Lesson 1 - SQL and NoSQL

SQL is a well known paradigm in data storage and retrieval, serving us for decades. Our data was living in mainframes and being stored and processed in isolation. The nature of Web and mobile has created a paradigm shift in the past decade. Data has exploded in volume, veracity and velocity. We have many times semi-structured data of varying quality and unpredictable volumes of them.

This has led to a new breed of databases, the NoSQL ones.

Document databases, e.g. MongoDB
Graph stores, e.g. Neo4J
key-value stores, e.g. Redis
Wide-column stores , e.g. Cassandra

In this class we will examine Document databases and its most popular one, MongoDB.

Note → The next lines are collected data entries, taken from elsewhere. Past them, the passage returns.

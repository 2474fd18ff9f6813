-- ===== src/Store/History/Withdraws.antt =====
-- What the catalog withdraws, no grant gives any more.
use mathlib.Core.Path.{◌≡◌, refl, sym, subst}
use mathlib.Core.Bool.{Bool, true, false, not, ◌&&◌}
use mathlib.Core.Option.{Option, none}
use mathlib.Core.List.{List, [], ◌∷◌}
use Prim.Native.Nat.{ℕ}
use agent_key_vault_jit_acce.Prelude.Tests.{◌==◌}
use agent_key_vault_jit_acce.Prelude.Evolves.{All, Any}
use agent_key_vault_jit_acce.Domain.Grant.{is_approved}
use agent_key_vault_jit_acce.Store.Tables.{Db, Uuid, Request, Grant}
use agent_key_vault_jit_acce.Store.Action.{World, Result, Action, ok, pure}
use agent_key_vault_jit_acce.Store.Action.Inversion.{bind-ok}
use agent_key_vault_jit_acce.Store.Action.Ensures.{Ensures}
use agent_key_vault_jit_acce.Store.Keys.{IsUnique, grant_ids}
use agent_key_vault_jit_acce.Store.Catalog.Operations.{of_set, outdated}
use agent_key_vault_jit_acce.Store.Catalog.Closed.{
  changed_config, is_for, Closed, Start, nothing-Closed, set_target-Closed, set_credential-Closed,
  set_operation-Closed, upsert_binding-Closed, set_set-Closed, update_target-Closed,
}
use agent_key_vault_jit_acce.Store.History.{
  Call, updates_target, sets_target, sets_credential, sets_set, sets_operation, binds, unseen,
  perform,
}
use agent_key_vault_jit_acce.Store.History.Claims.{claim_count, spent-claim_count}

-- The call takes away what the request was approved for: it disables the request's target,
-- credential, operation set or operation, gives its target another configuration, or binds
-- another version of its operation to its target, or none.
unfoldable pub withdraws : Call → Db → Request → Bool
unfolding changed_config
withdraws (updates_target target at) d r = changed_config d target && r.target_id == target.id
withdraws (sets_target id active at) d r = not active && r.target_id == id
withdraws (sets_credential id active at) d r = not active && r.credential_id == id
withdraws (sets_set id active actor at) d r = not active && of_set id d r
withdraws (sets_operation id active actor at) d r =
    not active && (r.operation_id == id && r.request_format == 2)
withdraws (binds b) d r = outdated b d r
withdraws _ d r = false

-- The call went well, and what it has withdrawn is closed.
unseen-Closed :
    (test : Request → Bool) (m : Action ℕ) (w : World) (g : Option Grant)
    → Ensures (Start w.db) m (λ n d. Closed test d)
    → (unseen m w).0 ≡ ok g
    → Closed test (unseen m w).1.db
unfolding pure
unseen-Closed test m w g h e =
    let (n, done, runs) = bind-ok m (λ a. pure none) w g e in
    subst (λ (x : Result (Option Grant) × World). Closed test x.1.db) (sym runs)
      (h.holds w n refl done)

pub perform-Closed :
    (c : Call) (w : World) (g : Option Grant)
    → (perform c w).0 ≡ ok g
    → Closed (withdraws c w.db) (perform c w).1.db
unfolding perform withdraws
perform-Closed (updates_target target at) w g h =
    unseen-Closed _ _ w g (update_target-Closed w.db target at) h
perform-Closed (sets_target id active at) w g h =
    unseen-Closed _ _ w g (set_target-Closed w.db id active at) h
perform-Closed (sets_credential id active at) w g h =
    unseen-Closed _ _ w g (set_credential-Closed w.db id active at) h
perform-Closed (sets_set id active actor at) w g h =
    unseen-Closed _ _ w g (set_set-Closed w.db id active actor at) h
perform-Closed (sets_operation id active actor at) w g h =
    unseen-Closed _ _ w g (set_operation-Closed w.db id active actor at) h
perform-Closed (binds b) w g h = unseen-Closed _ _ w g (upsert_binding-Closed w.db b) h
perform-Closed c w g h = nothing-Closed (perform c w).1.db

-- Grant `i` exists, and it is for a request that the call withdraws.
pub record Withdrawn (c : Call) (w : World) (i : Uuid) (d : Db) : Type 0 where
  pub present : Any (λ g. g.id ≡ i) d.grants
  pub concerned : All (λ g. g.id ≡ i → is_for (withdraws c w.db) d.requests g ≡ true) d.grants

closed-spent :
    (f : Grant → Bool) (i : Uuid) (gs : List Grant)
    → All (λ g. f g ≡ true → is_approved g.status ≡ false) gs
    → All (λ g. g.id ≡ i → f g ≡ true) gs
    → All (λ g. g.id ≡ i → is_approved g.status ≡ false) gs
closed-spent f i [] a b = tt
closed-spent f i (g ∷ gs) a b = ((λ e. a.0 (b.0 e)), closed-spent f i gs a.1 b.1)

-- Take a call that disables a target, a credential, an operation set or an operation, that changes
-- the configuration of a target, or that binds another version of an operation or none, and that
-- succeeds. A grant that exists right after it, and whose request is for what the call withdraws, is
-- not claimed in any later history, whatever is enabled again, if the identifiers of the grants
-- after the call are distinct. A request that is still pending is not concerned: once all is enabled
-- again it may be approved, with a grant that can be claimed.
pub Withdrawn-claim_count :
    (c : Call) (w : World) (g : Option Grant) (i : Uuid) (cs : List Call)
    → (perform c w).0 ≡ ok g
    → IsUnique (grant_ids (perform c w).1.db.grants)
    → Withdrawn c w i (perform c w).1.db
    → claim_count i cs (perform c w).1 ≡ 0
Withdrawn-claim_count c w g i cs done unique concerned =
    spent-claim_count i cs (perform c w).1 unique (
      concerned.present,
      closed-spent (is_for (withdraws c w.db) (perform c w).1.db.requests) i _
          (perform-Closed c w g done) concerned.concerned,
    )
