-- ===== src/Examples/Catalogs.antt =====
-- Runs of the catalog's repository: a target is disabled.
use mathlib.Core.Path.{◌≡◌, refl}
use mathlib.Core.Logic.{inl}
use mathlib.Core.Bool.{true, false}
use mathlib.Core.Option.{none}
use mathlib.Core.List.{List, [], ◌∷◌}
use Prim.Native.Nat.{◌*◌}
use agent_key_vault_jit_acce.Prelude.Rows.{any_row, select_rows, count_rows, update_rows}
use agent_key_vault_jit_acce.Store.Action.{
  ok, next_fails, rest_faults, spend, pure, go_on, ◌>>=◌, when_raise, land, statement, settle,
  transaction,
}
use agent_key_vault_jit_acce.Store.Statements.{update_grants}
use agent_key_vault_jit_acce.Store.Catalog.{revoke_if, set_target_active}
use agent_key_vault_jit_acce.Store.Catalog.Statements.{
  catalog_statement, update_target_status, revoke_requested,
}
use agent_key_vault_jit_acce.Store.Catalog.Closed.{is_for}
use agent_key_vault_jit_acce.Store.History.{Call, sets_target, claims, perform}
use agent_key_vault_jit_acce.Store.History.Claims.{claim_count}
use agent_key_vault_jit_acce.Store.History.Withdraws.{withdraws, Withdrawn, Withdrawn-claim_count}
use agent_key_vault_jit_acce.Examples.{approved_world, claim_context, minute}

abbrev disabling : Call
disabling = sets_target 31 false (2 * minute)

-- The target is enabled again, and an agent claims.
abbrev afterwards : List Call
afterwards = sets_target 31 true (2 * minute) ∷ claims claim_context (2 * minute) ∷ []

disables : (perform disabling approved_world).0 ≡ ok none
unfolding perform set_target_active update_target_status catalog_statement revoke_if
    revoke_requested update_grants any_row select_rows count_rows update_rows statement land spend
    next_fails rest_faults ◌>>=◌ go_on when_raise transaction settle pure
disables = refl

concerned : Withdrawn disabling approved_world 91 (perform disabling approved_world).1.db
unfolding perform set_target_active update_target_status catalog_statement revoke_if
    revoke_requested update_grants any_row select_rows count_rows update_rows statement land spend
    next_fails rest_faults ◌>>=◌ go_on when_raise transaction settle pure withdraws is_for
concerned = record { present = inl refl; concerned = ((λ e. refl), tt) }

Withdrawn-claim_count_example : claim_count 91 afterwards (perform disabling approved_world).1 ≡ 0
unfolding perform set_target_active update_target_status catalog_statement revoke_if
    revoke_requested update_grants any_row select_rows count_rows update_rows statement land spend
    next_fails rest_faults ◌>>=◌ go_on when_raise transaction settle pure
Withdrawn-claim_count_example =
    Withdrawn-claim_count disabling approved_world none 91 afterwards disables (tt, tt) concerned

First of all, how does MongoDB compare with traditional SQL queries that we have learned in the past?

MongoDB to SQL Mapping

https://s3.amazonaws.com/info-mongodb-com/sql_to_mongo.pdf

Lesson 2 - Why MongoDB

MongoDB is a leader in NoSQL database space.

de facto leader in NoSQL database space.
uses JSON, you are familiar with json in FE/Node, you can use it in DB layer too!
one language to rule them all, part of MEAN stack
mongodb data types as compared to JSON
- https://docs.mongodb.com/manual/reference/bson-types/
- We can even query by type! https://docs.mongodb.com/manual/reference/operator/query/type/

Lesson 3 - Basic Commands

Open the terminal that you ran mongo. First type show dbs

You should see something similar to:

admin          0.000GB
local          0.000GB

Then type use cyf

You should now get:

switched to db cyf

That's it! You have created a new database.

Now type again show dbs

admin          0.000GB
local          0.000GB

??? Where is our new database? ???

Lazy initialisation.

Databases

Collections and Documents

Collections are like tables in SQL databases. Initialising a collection is also happening lazily like this:

> db.Student.insert({name: 'alex'})

Now if we run again show dbs after we create a collection with a document we will see that the database appears in the list. This is because at the moment that we inserted this document, the document was created, which in turn created the collection which in turn created the database.

Exercise 1

Insert a new student with name: Mary

Exercise 2

Insert a new student with name: Madeline and id=2 (integer)

Exercise 3

Insert a new student with name: Steve, midterm score of 80 and final score of 100

Scores should be embedded in a sub-document like this:

scores:
{
  midterm: 0,
  final: 0
}

Finding Documents

Finding a document by a single attribute:

> db.Student.find({name: 'alex'})

Querying embedded attributes:

> db.Student.find({"scores.midterm": {$gte: 40}} )

AND / OR queries:

> db.Student.find({"$or": [{"scores.midterm": {$gt: 60}}, {"scores.final": {$lte: 75}}]} )

Exercise 4a

Find the user Mary that you inserted in exercise 1

Exercise 4b

Search for students that have scored between [50,80) in midterm AND [80,100] in final exam

In these two examples above we can see the operators GreaterThanEquals >=, GreaterThan > and LessThanEquals <= in action.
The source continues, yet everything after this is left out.